Find the line in the entries below that contains "(api : Option Text) (now". Repeat it exactly, and every line after it through the line that contains "unfolding unregister_observation".

_Provided entries_
****************

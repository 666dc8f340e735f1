-- ===== src/ClientHelper/Frames.antt =====
-- The client helper writes and deletes below "internal" only: what no such change can touch outlives
-- its operations.
use variables_and_streams_se.Base.{
  ℕ, zero, suc, [], ◌++◌, false, ◌≢◌, Option, some, none, Bool-cases, inl, inr,
}
use variables_and_streams_se.Base.Text.{Text, codes}
use variables_and_streams_se.Storage.Interface.{IStorage}
use variables_and_streams_se.ClientHelper.{
  update_live_time, enlist, set_api, initialize, register_new_observation, forget_at,
  unregister_observation,
}
use variables_and_streams_se.ClientHelper.Keys.{
  client_key, api_id_key, last_live_time_key, observing_count_key, observing_key, list_count_key,
  list_key,
}
use variables_and_streams_se.ClientHelper.Lists.{shift_down, close_gap}

module _ (st : IStorage) (P : st.Db → Type 0)
    (keep_set : (rest v : Text) (db : st.Db)
      → rest ≢ []
      → P db
      → P (st.set (codes "internal." ++ rest) v db))
    (keep_delete : (rest : Text) (db : st.Db)
      → rest ≢ []
      → P db
      → P (st.delete_value (codes "internal." ++ rest) false db)) where
  open st use {Db, set, get, has_value, delete_value}

  module _ (client : Text) where
    pub live_time-keeps : (now : ℕ) (db : Db) → P db → P (update_live_time st client now db)
    unfolding update_live_time last_live_time_key client_key
    live_time-keeps now db h = keep_set _ _ _ (cc) h

    api-keeps : (api : Option Text) (db : Db) → P db → P (set_api st client api db)
    unfolding set_api api_id_key client_key
    api-keeps none db h = h
    api-keeps (some api_id) db h = keep_set _ _ _ (cc) h

    enlist-keeps : (db : Db) → P db → P (enlist st client db)
    unfolding enlist client_key list_key list_count_key
    enlist-keeps db h = keep_set _ _ _ (cc) (keep_set _ _ _ (cc) (keep_set _ _ _ (cc) h))

    pub initialize-keeps :
        (api : Option Text) (now : ℕ) (db : Db) → P db → P (initialize st client api now db)
    unfolding initialize
    initialize-keeps api now db h = elim (Bool-cases (has_value (client_key client) db)) [
      | inl e ↦ rw (e) (live_time-keeps now _ (api-keeps api _ h))
      | inr e ↦ rw (e) (live_time-keeps now _ (api-keeps api _ (enlist-keeps db h)))
    ]

    pub register-keeps :
        (name : Text) (now : ℕ) (db : Db)
        → P db
        → P (register_new_observation st client name now db)
    unfolding register_new_observation observing_key observing_count_key client_key
    register-keeps name now db h =
        keep_set _ _ _ (cc) (keep_set _ _ _ (cc) (live_time-keeps now db h))

    shift-keeps : (n c : ℕ) (db : Db) → P db → P (shift_down st (observing_key client) n c db)
    unfolding shift_down observing_key client_key
    shift-keeps zero c db h = h
    shift-keeps (suc n) c db h = shift-keeps n (suc c) _ (keep_set _ _ _ (cc) h)

    forget-keeps : (i : Option ℕ) (db : Db) → P db → P (forget_at st client i db)
    unfolding forget_at close_gap observing_key observing_count_key client_key
    forget-keeps none db h = h
    forget-keeps (some i) db h = keep_set _ _ _ (cc) (keep_delete _ _ (cc) (shift-keeps _ i db h))

    pub unregister-keeps :
        (name : Text) (now : ℕ) (db : Db) → P db → P (unregister_observation st client name now db)
    unfolding unregister_observation
    unregister-keeps name now db h = forget-keeps _ _ (live_time-keeps now db h)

****************

_Exercise output_
        (api : Option Text) (now : ℕ) (db : Db) → P db → P (initialize st client api now db)
    unfolding initialize
    initialize-keeps api now db h = elim (Bool-cases (has_value (client_key client) db)) [
      | inl e ↦ rw (e) (live_time-keeps now _ (api-keeps api _ h))
      | inr e ↦ rw (e) (live_time-keeps now _ (api-keeps api _ (enlist-keeps db h)))
    ]

    pub register-keeps :
        (name : Text) (now : ℕ) (db : Db)
        → P db
        → P (register_new_observation st client name now db)
    unfolding register_new_observation observing_key observing_count_key client_key
    register-keeps name now db h =
        keep_set _ _ _ (cc) (keep_set _ _ _ (cc) (live_time-keeps now db h))

    shift-keeps : (n c : ℕ) (db : Db) → P db → P (shift_down st (observing_key client) n c db)
    unfolding shift_down observing_key client_key
    shift-keeps zero c db h = h
    shift-keeps (suc n) c db h = shift-keeps n (suc c) _ (keep_set _ _ _ (cc) h)

    forget-keeps : (i : Option ℕ) (db : Db) → P db → P (forget_at st client i db)
    unfolding forget_at close_gap observing_key observing_count_key client_key
    forget-keeps none db h = h
    forget-keeps (some i) db h = keep_set _ _ _ (cc) (keep_delete _ _ (cc) (shift-keeps _ i db h))

    pub unregister-keeps :
        (name : Text) (now : ℕ) (db : Db) → P db → P (unregister_observation st client name now db)
    unfolding unregister_observation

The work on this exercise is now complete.